〈ぶんかつ〉企画担当のめざすもの
〈ぶんかつ〉企画担当の主な仕事は、文化財に親しむためのコンテンツを開発することです。高度な技術によって製作されたレプリカ(文化財の複製)やICTやVR、AR、8K 映像などの先端技術を駆使したさまざまなコンテンツを皆様にご覧いただいております。
たとえば〈ぶんかつ〉では「高精細複製品によるあたらしい屏風体験」として、国宝「松林図屏風」のオリジナルと寸分違わない複製の屏風を、ガラスケースなしで、畳に座ってじっくり眺めるという展示を行ないました。さらにプロジェクション・マッピングを用いて、作者・長谷川等伯が描いた水墨画の風景を屏風に投影し、描かれたカラスが画面のなかに舞うなど、等伯の描く世界観を余すところなくご覧いただきました。
高精細複製品によるあたらしい屏風体験「国宝 松林図屏風」(2019年1月~2月、東京国立博物館にて開催)詳細はこちら
ではなぜ、文化財そのもの〈オリジナル〉ではなく、複製や高精細映像などが必要なのでしょうか。
それは文化財をより広く〈活用〉するためです。この成果は、文化財に興味をひかれ、多くの方々が文化財にふれることで達成されると考えています。これらのコンテンツは、ミュージアムなどの展示施設では、これまでほとんど行なわれることのなかった挑戦的な企画ですので、戸惑う方もいらっしゃることかと思います。脆弱な材料で作られた日本、東洋の文化財は、ご覧いただける日数や場所が制限され、展示環境を整えるために巨額のコストがかかります。しかし映像や複製を用いることで、時にミュージアムを飛び出してさまざまな場所で、いつでもどこでも、文化財に親しんでもらえる〈新しい展示〉を試みることができるのです。

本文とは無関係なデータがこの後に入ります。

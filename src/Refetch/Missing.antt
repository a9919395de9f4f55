-- ===== src/Refetch/Missing.antt =====
-- `refetch_missing` of main/refetch.py.
use rankedftw.Prelude.Sort.{sort_by}
use rankedftw.Store.Rows.{save_ladder, save_cache}
use rankedftw.Fetch.Rows.{is_type, is_cache}
use rankedftw.Update.Batches.{is_good_strangeness}
use rankedftw.Prelude.Objects.{filter, get}
use rankedftw.Prelude.Clock.{hour, Time}
use rankedftw.Prelude.Int.{◌==ℤ◌, ℤ}
use rankedftw.Prelude.Result.{
  overflow_error, does_not_exist, or_raise, attribute_error, raise_if, err, ok, Result,
}
use rankedftw.Prelude.{
  ◌-◌, none, not, leb, ◌*◌, some, ◌&&◌, take, ltb, [], ◌+◌, map, false, ◌∷◌, ◌==◌, true, Option, ℕ,
  if◌then◌else◌, List, Bool,
}
use rankedftw.Store.Keys.{find}
use rankedftw.Fetch.Answers.{LadderAnswer, with_columns, info}
use rankedftw.Store.{Ladder, Cache, Db, Strangeness, missing, ladder_type}
use rankedftw.Store.Action.{Action, ◌>>=◌, ◌>>◌, lift, query, modify, atomic, pure}

-- One value for each call, by the place of the ladder in the list.
pub record MissingRun : Type 0 where
  pub check_stop : ℕ → Result (Unit {0})
  pub fetch_ladder : ℕ → ℕ → LadderAnswer

abbrev pub is_missing : Strangeness → Bool
is_missing missing = true
is_missing _ = false

abbrev pub ladder_key : Ladder → ℕ
ladder_key l = l.id

abbrev pub cache_key : Cache → ℕ
cache_key c = c.id

-- `cache.ladder`, and the condition on it, which no cache without a ladder meets.
abbrev pub ladder_behind : List Ladder → Option ℕ → Result Ladder
ladder_behind ladders none = err attribute_error
ladder_behind ladders (some id) = or_raise (find ladder_key id ladders) does_not_exist

abbrev pub ladder_missing : Result Ladder → Bool
ladder_missing (ok l) = is_missing l.strangeness
ladder_missing (err e) = false

abbrev pub is_candidate : ℤ → ℕ → Time → List Ladder → Cache → Bool
is_candidate region max_retries limit ladders c =
    (c.region ==ℤ region)
    && is_type c.type ladder_type
    && ltb c.retry_count max_retries
    && ladder_missing (ladder_behind ladders c.ladder_id)
    && not (ltb limit c.updated)

unfoldable pub missing_bids : ℤ → ℕ → Time → Db → List ℕ
missing_bids region max_retries limit db =
    map (λ (c : Cache). c.bid)
      (take 800 (
        sort_by (λ (c d : Cache). leb d.bid c.bid)
          (filter (is_candidate region max_retries limit db.ladders) db.caches)))

-- The row of the cache and that of the ladder, with the answer.
abbrev pub refetched_cache : LadderAnswer → Cache → Cache
refetched_cache res c = record c {
  status = res.status;
  text = res.text;
  updated = res.fetch_time;
  retry_count = if res.status == 200 then 0 else c.retry_count + 1;
}

unfoldable pub refetched_ladder : LadderAnswer → Ladder → Result Ladder
refetched_ladder res ladder =
    let seen = record ladder { updated = res.fetch_time } in
    if res.status == 200
    then with_columns seen res.max_points res.first_join res.last_join res.member_count
    else ok seen

-- `ladder.info()` is part of the log line on a ladder that is good.
abbrev pub log_outcome : Ladder → Result (Unit {0})
log_outcome ladder = if is_good_strangeness ladder.strangeness then info ladder else ok tt

unfoldable pub refetch_one : ℤ → ℕ → LadderAnswer → Action (Unit {0})
unfolding refetched_ladder info
refetch_one region bid res = atomic (do
  cache ← query (λ db. get (is_cache region ladder_type bid) db.caches)
  ladder ← query (λ db. ladder_behind db.ladders cache.ladder_id)
  seen ← lift (refetched_ladder res ladder)
  modify (save_cache (refetched_cache res cache))
  modify (save_ladder seen)
  lift (log_outcome seen))

unfoldable pub refetch_all : MissingRun → ℤ → ℕ → List ℕ → Action (Unit {0})
unfolding refetch_one
refetch_all run region count [] = pure tt
refetch_all run region count (bid ∷ bids) =
    let rest = refetch_all run region (count + 1) bids in
    let res = run.fetch_ladder count bid in
    do
      lift (run.check_stop count)
      if res.status == 503 then pure tt else (do refetch_one region bid res; rest)

unfoldable pub refetch_missing : MissingRun → ℤ → ℕ → ℕ → Time → Action (Unit {0})
unfolding missing_bids refetch_all
refetch_missing run region max_retries min_age now = do
  lift (raise_if (ltb now (min_age * hour)) overflow_error)
  bids ← query (λ db. ok (missing_bids region max_retries (now - min_age * hour) db))
  refetch_all run region 1 bids
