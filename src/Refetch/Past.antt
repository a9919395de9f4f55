-- ===== src/Refetch/Past.antt =====
-- `refetch_past_season` and `refetch_past_seasons` of main/refetch.py.
use rankedftw.Store.Rows.{save_ranking}
use Prim.Native.Nat.{min}
use rankedftw.Prelude.Sort.{sort_by}
use rankedftw.Enums.{key_by_ids, id_get}
use rankedftw.Prelude.Objects.{filter, first}
use rankedftw.Update.Batches.{is_good_strangeness, has_season}
use rankedftw.Prelude.Result.{
  system_exit, key_error, raise_if, exception_raised, type_error, overflow_error, err, ok, Result,
}
use rankedftw.Prelude.Int.{◌==ℤ◌, ℤ}
use rankedftw.Prelude.Clock.{day, Time}
use rankedftw.Prelude.{
  ◌+◌, ◌*◌, ◌==◌, ◌-◌, true, [], some, leb, ◌∷◌, ltb, false, ◌||◌, none, if◌then◌else◌, ◌&&◌, not,
  Option, ℕ, List, Bool,
}
use rankedftw.Refetch.{Cpp, set_data_time}
use rankedftw.Fetch.Cached.{FetchedLadder, update_ladder_cache}
use rankedftw.Fetch.Answers.{info}
use rankedftw.Store.{Ladder, Db, Season, Ranking}
use rankedftw.Store.Action.{Action, ◌>>=◌, ◌>>◌, lift, query, modify, atomic, pure}
use rankedftw.Season.{is_none}
use rankedftw.Enums.Region as Region

-- The values that the calls of one run over a season return or raise, by the place of the ladder.
pub record PastRun : Type 0 where
  pub check_stop : ℕ → Result (Unit {0})
  pub fetch_ladder : ℕ → Ladder → FetchedLadder
  pub cpp : Cpp

-- `Season.REFETCH_PAST_REFRESH_WHEN_OLDER_THAN_DAYS` and the others, `LAST_AVAILABLE_SEASON`.
abbrev pub refresh_days : ℕ
refresh_days = 5

abbrev pub min_days_after_end : ℕ
min_days_after_end = 3

abbrev pub until_days_after_end : ℕ
until_days_after_end = 2

abbrev pub last_available : ℕ
last_available = 28

abbrev pub subtract : Time → ℕ → Result Time
subtract t delta = if ltb t delta then err overflow_error else ok (t - delta)

-- `Ladder.objects.filter(season=season, strangeness=Ladder.GOOD).exclude(region=Region.SEA)`.
abbrev pub is_past : ℕ → Ladder → Bool
is_past season l =
    has_season season l.season_id
    && is_good_strangeness l.strangeness
    && not (l.region ==ℤ Region.sea)

abbrev pub min_updated : List Ladder → Option Time
min_updated [] = none
min_updated (l ∷ ladders) = min_of l.updated (min_updated ladders)
  where
    min_of : Time → Option Time → Option Time
    min_of t none = some t
    min_of t (some u) = some (min t u)

-- `not force and need_refetch_limit < last_updated`, which raises where no ladder has been updated.
abbrev pub is_fresh : Bool → Time → Option Time → Result Bool
is_fresh true limit updated = ok false
is_fresh false limit none = err type_error
is_fresh false limit (some updated) = ok (ltb limit updated)

abbrev pub is_due : Bool → ℕ → Time → Ladder → Bool
is_due force season limit l = is_past season l && (force || ltb l.updated limit)

-- The last ranking of the season by its data time.
abbrev pub last_ranking : ℕ → List Ranking → Option Ranking
last_ranking season rankings = first (
    sort_by (λ (r q : Ranking). leb q.data_time r.data_time)
      (filter (λ (r : Ranking). r.season_id == season) rankings))

abbrev pub is_known : ℤ → Bool
is_known region = not (is_none (id_get region (key_by_ids Region.mapping)))

-- One turn of the loop: `continue` on another status than 200.
unfoldable pub refetch_ladder : PastRun → ℕ → ℕ → Ladder → Action (Unit {0})
unfolding info update_ladder_cache
refetch_ladder run ranking count ladder =
    let res = run.fetch_ladder count ladder in
    let update = update_ladder_cache run.cpp.update_with_ladder ranking ladder res in
    atomic (do
      lift (raise_if (not (is_known ladder.region)) key_error)
      lift (info ladder)
      lift (raise_if (res.status == 503) system_exit)
      if res.status == 200 then update else pure tt)

-- The rest of the loop after a turn, with whether `fetch_time` has been assigned.
abbrev pub then_rest :
    Bool
    → (Db → Result (Unit {0}) × Bool × Db)
    → Result (Unit {0}) × Db
    → Result (Unit {0}) × Bool × Db
then_rest fetched rest (ok done, db) =
    let (result, later, after) = rest db in (result, fetched || later, after)
then_rest fetched rest (err e, db) = (err e, fetched, db)

abbrev pub unless_stopped :
    Result (Unit {0}) → (Db → Result (Unit {0}) × Bool × Db) → Db → Result (Unit {0}) × Bool × Db
unless_stopped (ok done) rest db = rest db
unless_stopped (err e) rest db = (err e, false, db)

unfoldable pub refetch_ladders : PastRun → ℕ → ℕ → List Ladder → Db → Result (Unit {0}) × Bool × Db
unfolding refetch_ladder
refetch_ladders run ranking count [] db = (ok tt, false, db)
refetch_ladders run ranking count (l ∷ ladders) db =
    unless_stopped (run.check_stop count)
      (λ now.
        then_rest (is_known l.region) (refetch_ladders run ranking (count + 1) ladders)
          (refetch_ladder run ranking count l now))
      db

-- What follows the loop, whether it ends or raises.
abbrev pub save_past : PastRun → Season → Ranking → Bool → Action (Unit {0})
save_past run season ranking false = pure tt
save_past run season ranking true = do
  lift (run.cpp.save_data ranking.id ranking.season_id)
  lift (run.cpp.save_stats ranking.id)
  timed ← lift (set_data_time season run.cpp.min_max_data_time ranking)
  modify (save_ranking timed)

abbrev pub after_loop :
    PastRun → Season → Ranking → Result (Unit {0}) × Bool × Db → Result (Unit {0}) × Db
after_loop run season ranking (ok done, fetched, db) = save_past run season ranking fetched db
after_loop run season ranking (err system_exit, fetched, db) =
    save_past run season ranking fetched db
after_loop run season ranking (err e, fetched, db) = (err exception_raised, db)

abbrev pub refetch_ranked : PastRun → Season → Bool → Time → Option Ranking → Action (Unit {0})
refetch_ranked run season force limit none = pure tt
refetch_ranked run season force limit (some ranking) = do
  updated ← query (λ db. ok (min_updated (filter (is_past season.id) db.ladders)))
  fresh ← lift (is_fresh force limit updated)
  if fresh then pure tt else (do
    ladders ← query (λ db. ok (filter (is_due force season.id limit) db.ladders))
    lift (run.cpp.load ranking.id)
    λ db. after_loop run season ranking (refetch_ladders run ranking.id 1 ladders db))

unfoldable pub refetch_past_season : PastRun → Season → Time → Bool → Action (Unit {0})
unfolding refetch_ladders set_data_time
refetch_past_season run season now force = do
  limit ← lift (subtract now (refresh_days * day))
  ranking ← query (λ db. ok (last_ranking season.id db.rankings))
  refetch_ranked run season force limit ranking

8Kで文化財 国宝「聖徳太子絵伝」(2018年11月~12月、東京国立博物館にて開催)詳細はこちら
近年、東京国立博物館の来館者数は、年間200万人近くを推移しています。この年間来館者数も、首都圏の人口からすれば1割も満たしません。さらに日本に暮らす人々の数からいえば、1%を超えるくらいです。文化財を1000年先の未来に伝えるためには、莫大なお金と時間がかかります。そのお金の大半は税金です。税金の使途を決するのは、いうまでもなく私たちです。その判断をしていただくために何よりもまず、文化財のことに興味を持っていただくことが第一です。
- 参考:「文化財の保存と活用 ~未来への覚悟と責任~」(視点・論点)2017年11月03日 (金)
- http://www.nhk.or.jp/kaisetsu-blog/400/283483.html
もともと日本の美術や伝統文化に興味をお持ちで、歴史に詳しい方々は、ケースの中に展示された文化財をそれぞれの見方、楽しみ方で鑑賞なさっていると思います。しかし〈ぶんかつ〉では、ご自身は無関係だと思われていた方々の目にも留まるよう、直感的でわかりやすい展示を、文化財の楽しみ方を提示できる方法を探究しています。数百年前に作られた文化財の価値や意味だけでなく、当時の暮らしの空気まで感じるような、わくわくする体験ができるとすれば、海外からのお客様にも楽しんでいただけることでしょう。